I have been following Don Tapscott’s ventures into government for a while, after he wrote the very successful Wikinomics. Our paths crossed a couple of times: when he gave an excellent keynote speech at a Gartner Government Summit back in 2007, and when I participated in some EU and World Bank workshop on web 2.0 and I met his former colleague and co-author Anthony Williams. Last year I also met three or four clients in Canada, Australia and Europe who had participated in one of Don’s workshops.
I have to confess I have not read his new book yet, and he may have some excellent point about government 2.0 there, but reading a recent post, I have to admit that I was a bit disappointed. He makes reference to the Obama campaign and suggests and illustrates how government leaders may effectively engage citizens:
“…Here’s how it would work. The president would say, “We’re going to have a national discussion on revitalizing our cities. It starts on Monday at noon and ends the same week on Friday at noon. Anyone can participate through the Web 2.0 discussion community we’ve set up. If you don’t have Internet access, I’ve partnered with corporations, schools, libraries, community computing centers, and shopping malls to give you access. We’ll post background papers. We’ll organize the discussion by region and also by interest groups. There’ll be a business discussion, a discussion of public transit users, and so on. As you participate in the discussion rate the ideas that you come across and the best ideas will rise to the top. I’ll participate daily and give my views. At the end of the process we’ll explore our options for further action…”
Sure, this is fascinating. The modern version of the Greek agora, where people can participate through a variety of channels, so that no citizen is left behind. Then, why am I disappointed?

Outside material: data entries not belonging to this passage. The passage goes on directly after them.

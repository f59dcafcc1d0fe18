-- ===== src/Proc/Resume.antt =====
-- src/system/kernel/hal/proc/proc.c and schedule/schedule.c: the choice of a process, the switch to
-- it and the way back lose nothing.
use gunw_os.Prelude.Outcome.{ok}
use gunw_os.Prelude.Int.{pos, leb_ℤ}
use gunw_os.Prelude.{
  ℕ, ◌<◌, ◌≡◌, ◌≢◌, refl, ◌⊎◌, inl, inr, true, false, not, arith, update_self, update_ne, ◌∙◌, ap,
  if◌then◌else◌,
}
use gunw_os.Runloop.{max_proc}
use gunw_os.Kernel.{
  Kernel, kernel_proc_id, ProcState, ps_none, ps_new, ps_ready, ps_running, ps_blocked, ps_finished,
  LockMask, is_locked, CpuState,
}
use gunw_os.Schedule.{sched_evaluate_run, is_ready}
use gunw_os.Schedule.RoundRobin.{IsLast, Chosen, proc_select_lem}
use gunw_os.Proc.{is_running}
use gunw_os.Proc.Switch.{
  k_proc_switch, switched, entered, left_process, k_proc_switch_to_kernel_if_needed,
  k_proc_schedule_on_kernel_handling_finished,
}
use gunw_os.Proc.Invariant.{LockOk, IsValid}

lock_ready : (s : ProcState) (m : LockMask) → LockOk s m → is_ready s ≡ true → is_locked m ≡ false
lock_ready ps_none m l b = cc
lock_ready ps_new m l b = cc
lock_ready ps_ready m l b = l
lock_ready ps_running m l b = cc
lock_ready ps_blocked m l b = cc
lock_ready ps_finished m l b = cc

-- The switch from the running kernel to a ready process without locks takes place.
switch_ready :
    (n : ℕ) (saved : CpuState) (k : Kernel)
    → n < max_proc
    → is_running k.kernel_state ≡ true
    → is_ready (k.p_tab n).state ≡ true
    → is_locked (k.p_tab n).lock_mask ≡ false
    → k_proc_switch (pos n) saved k ≡ ok ((k.p_tab n).cpu_state, switched (pos n) saved k)
unfolding k_proc_switch
switch_ready n saved k h r s l = ground arith

-- The way into the kernel from a running process takes place.
enter_running :
    (n ref_esp : ℕ) (frame : CpuState) (k : Kernel)
    → n < max_proc
    → k.kernel_state ≡ ps_ready
    → (k.p_tab n).state ≡ ps_running
    → ref_esp ≢ 0
    → k_proc_switch_to_kernel_if_needed ref_esp (pos n) frame k
      ≡ ok (k.kernel_cpu, entered (pos n) frame k)
unfolding k_proc_switch_to_kernel_if_needed
enter_running n ref_esp frame k h r s e = ground arith

finish_none :
    (saved : CpuState) (k : Kernel)
    → k.next_proc_id ≡ kernel_proc_id
    → k_proc_schedule_on_kernel_handling_finished saved k ≡ ok (saved, k)
unfolding k_proc_schedule_on_kernel_handling_finished
finish_none saved k e =
    let k0 = record k { execution_time_counter = 0 } in
    ap (λ p. if not (leb_ℤ (pos 0) p) then ok (saved, k) else k_proc_switch p saved k0) e

pos-user : (n : ℕ) → leb_ℤ (pos 0) (pos n) ≡ true
pos-user n = ground arith

finish_switch :
    (n : ℕ) (saved : CpuState) (k : Kernel)
    → IsValid k
    → k.kernel_state ≡ ps_running
    → n < max_proc
    → is_ready (k.p_tab n).state ≡ true
    → k.next_proc_id ≡ pos n
    → k_proc_schedule_on_kernel_handling_finished saved k
      ≡ ok ((k.p_tab n).cpu_state, switched (pos n) saved (record k { execution_time_counter = 0 }))
unfolding k_proc_schedule_on_kernel_handling_finished
finish_switch n saved k v r h s e =
    let k0 = record k { execution_time_counter = 0 } in
    ap (λ p. if not (leb_ℤ (pos 0) p) then ok (saved, k) else k_proc_switch p saved k0) e
    ∙ ap (λ b. if not b then ok (saved, k) else k_proc_switch (pos n) saved k0) (pos-user n)
    ∙ switch_ready n saved k0 h (ap is_running r) s
        (lock_ready (k.p_tab n).state (k.p_tab n).lock_mask (v.locks n) s)

-- With the kernel running, a consistent table and the last process of the table or none, the end
-- of the kernel's handling after a choice of the scheduler either goes on in the kernel, no
-- process being ready, or switches to the ready process that the round robin prescribes with the
-- registers saved for it; it does not halt.
pub handling_finished_lem :
    (saved : CpuState) (k : Kernel)
    → IsValid k
    → IsLast k.last_proc_id
    → k.kernel_state ≡ ps_running
    → ((k_proc_schedule_on_kernel_handling_finished saved (sched_evaluate_run k)
          ≡ ok (saved, sched_evaluate_run k))
        × ((n : ℕ) → n < max_proc → is_ready (k.p_tab n).state ≡ false))
      ⊎ ((n : ℕ) × Chosen k.p_tab k.last_proc_id n
          × (k' : Kernel) × (k_proc_schedule_on_kernel_handling_finished saved
                (sched_evaluate_run k)
              ≡ ok ((k.p_tab n).cpu_state, k'))
          × (k'.proc_current ≡ pos n)
          × ((k'.p_tab n).state ≡ ps_running))
unfolding sched_evaluate_run switched
handling_finished_lem saved k v l r = elim (proc_select_lem k.p_tab k.last_proc_id l) [
  | inr (e, none_ready) ↦ inl (finish_none saved (sched_evaluate_run k) e, none_ready)
  | inl (n, e, c) ↦
      let k' = sched_evaluate_run k in
      inr (
        n,
        c,
        switched (pos n) saved (record k' { execution_time_counter = 0 }),
        finish_switch n saved k' (record { locks = v.locks; runs = v.runs }) r c.in_table c.ready e,
        refl,
        ap (λ u. u.state) (update_self k.p_tab n (record (k.p_tab n) { state = ps_running })),
      )
]

abbrev pub ReadyAt : ℕ → Kernel → Type 0
ReadyAt n k = (n < max_proc) × (k.kernel_state ≡ ps_running) × ((k.p_tab n).state ≡ ps_ready)

-- A ready process of a consistent table that the running kernel switches to and an interrupt
-- leaves is resumed with exactly the registers of the interrupt frame; the kernel goes on in
-- between with the registers it had saved, and no other process is touched.
pub switch_round_trip :
    (n ref_esp : ℕ) (saved frame saved' : CpuState) (k : Kernel)
    → IsValid k
    → ReadyAt n k
    → ref_esp ≢ 0
    → (k1 : Kernel) × (k2 : Kernel) × (k3 : Kernel) × (k_proc_switch (pos n) saved k
        ≡ ok ((k.p_tab n).cpu_state, k1))
      × (k_proc_switch_to_kernel_if_needed ref_esp (pos n) frame k1 ≡ ok (saved, k2))
      × (k_proc_switch (pos n) saved' k2 ≡ ok (frame, k3))
      × ((j : ℕ) → n ≢ j → k3.p_tab j ≡ k.p_tab j)
unfolding switched entered left_process
switch_round_trip n ref_esp saved frame saved' k v (h, r, s) e =
    let u = k.p_tab n in
    let u1 = record u { state = ps_running } in
    let u2 = record u { state = ps_ready; cpu_state = frame } in
    let k1 = switched (pos n) saved k in
    let k2 = entered (pos n) frame k1 in
    let unlocked = lock_ready u.state u.lock_mask (v.locks n) (ap is_ready s) in
    let e1 : k1.p_tab n ≡ u1 = update_self k.p_tab n u1 in
    let e2 : k2.p_tab n ≡ u2 =
      update_self k1.p_tab n (left_process frame (k1.p_tab n)) ∙ ap (left_process frame) e1 in
    let k3 = switched (pos n) saved' k2 in
    (
      k1,
      k2,
      k3,
      switch_ready n saved k h (ap is_running r) (ap is_ready s) unlocked,
      enter_running n ref_esp frame k1 h refl (ap (λ w. w.state) e1) e,
      switch_ready n saved' k2 h refl (ap (λ w. is_ready w.state) e2)
            (ap (λ w. is_locked w.lock_mask) e2 ∙ unlocked)
          ∙ ap (λ w. ok (w.cpu_state, k3)) e2,
      λ j ne.
          update_ne k2.p_tab n j _ ne ∙ update_ne k1.p_tab n j _ ne ∙ update_ne k.p_tab n j _ ne,
    )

Well, this assumes that government retains control of how and where the interaction and participation takes place. All it does with respect to “government 1.0″ is to open more channels (corporations, libraries, schools) and organize consultations in a more citizen-centric way. Unfortunately this does not make them citizen-driven. Look again at the description above:
- “I’ve partnered with…”implies that I (i.e. government) remain in control. Why should citizens trust this particular choice of channels? What sort of agreements are in place between government, schools, corporations, community centers? These are all established entities, which have or may have close ties with government. What if citizens want to decide their preferred channels? What if they want to speak as a single voice through a social network of choice (e.g. a group on Facebook or Google, or a completely new online community) as rather than selecting a government-approved channel as individuals?

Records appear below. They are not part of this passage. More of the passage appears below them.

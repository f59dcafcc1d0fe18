-- ===== src/Queue/Chain.antt =====
-- The chain of `next` pointers in the slots of src/system/kernel/queue/queue.c.
use gunw_os.Prelude.Outcome.{ok}
use gunw_os.Prelude.{
  ℕ, zero, suc, ◌<◌, ◌≡◌, refl, ◌≢◌, true, Option, none, some, List, [], ◌∷◌, ◌++◌, map, arith,
  Array, contains, Distinct, last, length, contains-last,
}
use gunw_os.Queue.{DispatchEntry, Call, last_entry, call_of_func}

module _ {F : Type 0} where
  -- From `start` the pointers lead through just the slots `is`, in order.
  abbrev pub Linked : Array (DispatchEntry F) → Option ℕ → List ℕ → Type 0
  Linked es start [] = start ≡ none
  Linked es start (i ∷ is) = (start ≡ some i) × Linked es (es i).next is

  -- The calls that the slots `is` hold.
  abbrev pub calls : Array (DispatchEntry F) → List ℕ → List (Option (Call F))
  calls es = map (λ i. call_of_func (es i).func)

  -- With as much fuel as there are slots in the chain the walk finds the last of them.
  pub last_entry-eq-last :
      (fuel : ℕ) (es : Array (DispatchEntry F)) (x : ℕ) (xs : List ℕ)
      → Linked es (es x).next xs
      → length xs < fuel
      → last_entry fuel es x ≡ ok (last x xs)
  unfolding last_entry
  last_entry-eq-last zero es x xs h lt = absurd (omega arith)
  last_entry-eq-last (suc fuel) es x [] h lt = rw (h, last_entry)
  last_entry-eq-last (suc fuel) es x (y ∷ ys) h lt =
      rw (h.0, last_entry) (last_entry-eq-last fuel es y ys h.1 (omega arith))

  -- A change that leaves the pointers of the chain's slots alone keeps the chain.
  pub Linked-frame :
      (es fs : Array (DispatchEntry F)) (start : Option ℕ) (is : List ℕ)
      → ((j : ℕ) → contains j is ≡ true → (fs j).next ≡ (es j).next)
      → Linked es start is
      → Linked fs start is
  Linked-frame es fs start [] same h = h
  Linked-frame es fs start (i ∷ is) same h = (
    h.0,
    rw (same i (ground arith))
        (Linked-frame es fs (es i).next is (λ j e. same j (ground arith)) h.1),
  )

  -- A last slot whose pointer is set to `i`, with nothing behind `i`, makes the chain longer by `i`.
  pub Linked-append :
      (es fs : Array (DispatchEntry F)) (start : Option ℕ) (x i : ℕ) (xs : List ℕ)
      → ((j : ℕ) → contains j (x ∷ xs) ≡ true → j ≢ last x xs → (fs j).next ≡ (es j).next)
      → (fs (last x xs)).next ≡ some i
      → (fs i).next ≡ none
      → Distinct (x ∷ xs)
      → Linked es start (x ∷ xs)
      → Linked fs start ((x ∷ xs) ++ i ∷ [])
  Linked-append es fs start x i [] same l e d h = (h.0, (l, e))
  Linked-append es fs start x i (y ∷ ys) same l e d h = (
    h.0,
    rw (same x (ground arith) apart)
        (Linked-append es fs (es x).next y i ys (λ j m. same j (ground arith)) l e d.1 h.1),
  )
    where
      apart : x ≢ last y ys
      apart e = ground (arith, contains-last y ys)

  pub calls-frame :
      (es fs : Array (DispatchEntry F)) (is : List ℕ)
      → ((j : ℕ) → contains j is ≡ true → (fs j).func ≡ (es j).func)
      → calls fs is ≡ calls es is
  calls-frame es fs [] same = refl
  calls-frame es fs (i ∷ is) same =
      ground (arith, same i (ground arith), calls-frame es fs is (λ j e. same j (ground arith)))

- “We’ll organize the discussion by region and also by interest groups”. Why by region? What if citizens feel like discussing an issue with their peers by age, political inclination, sex, race, religious belief, favorite football team, favorite color, and so forth ? Ah, right, there are also interest groups… but who determines those groups? Would there be a government-approved list? I suspect it would not be exhaustive to avoid the risk of being politically incorrect (polling people by race? no way!).
- “As you participate in the discussion rate the ideas that you come across and the best ideas will rise to the top”. Would citizens really trust an idea-rating mechanism that takes place under government control? it is like assuming that consumers would trust ratings shown on the web site of a consumer electronics manufacturer more than those on eBay or any specialized online community discussing about those products.
As I have said several times, there is little hope to stimulate sustainable citizen participation unless governments decide to let them organize, comment, rate the way they like. It is about the “wisdom of the crowd”: the challenge for governments is to accept that they cannot drive, nor control. They can – at most – help.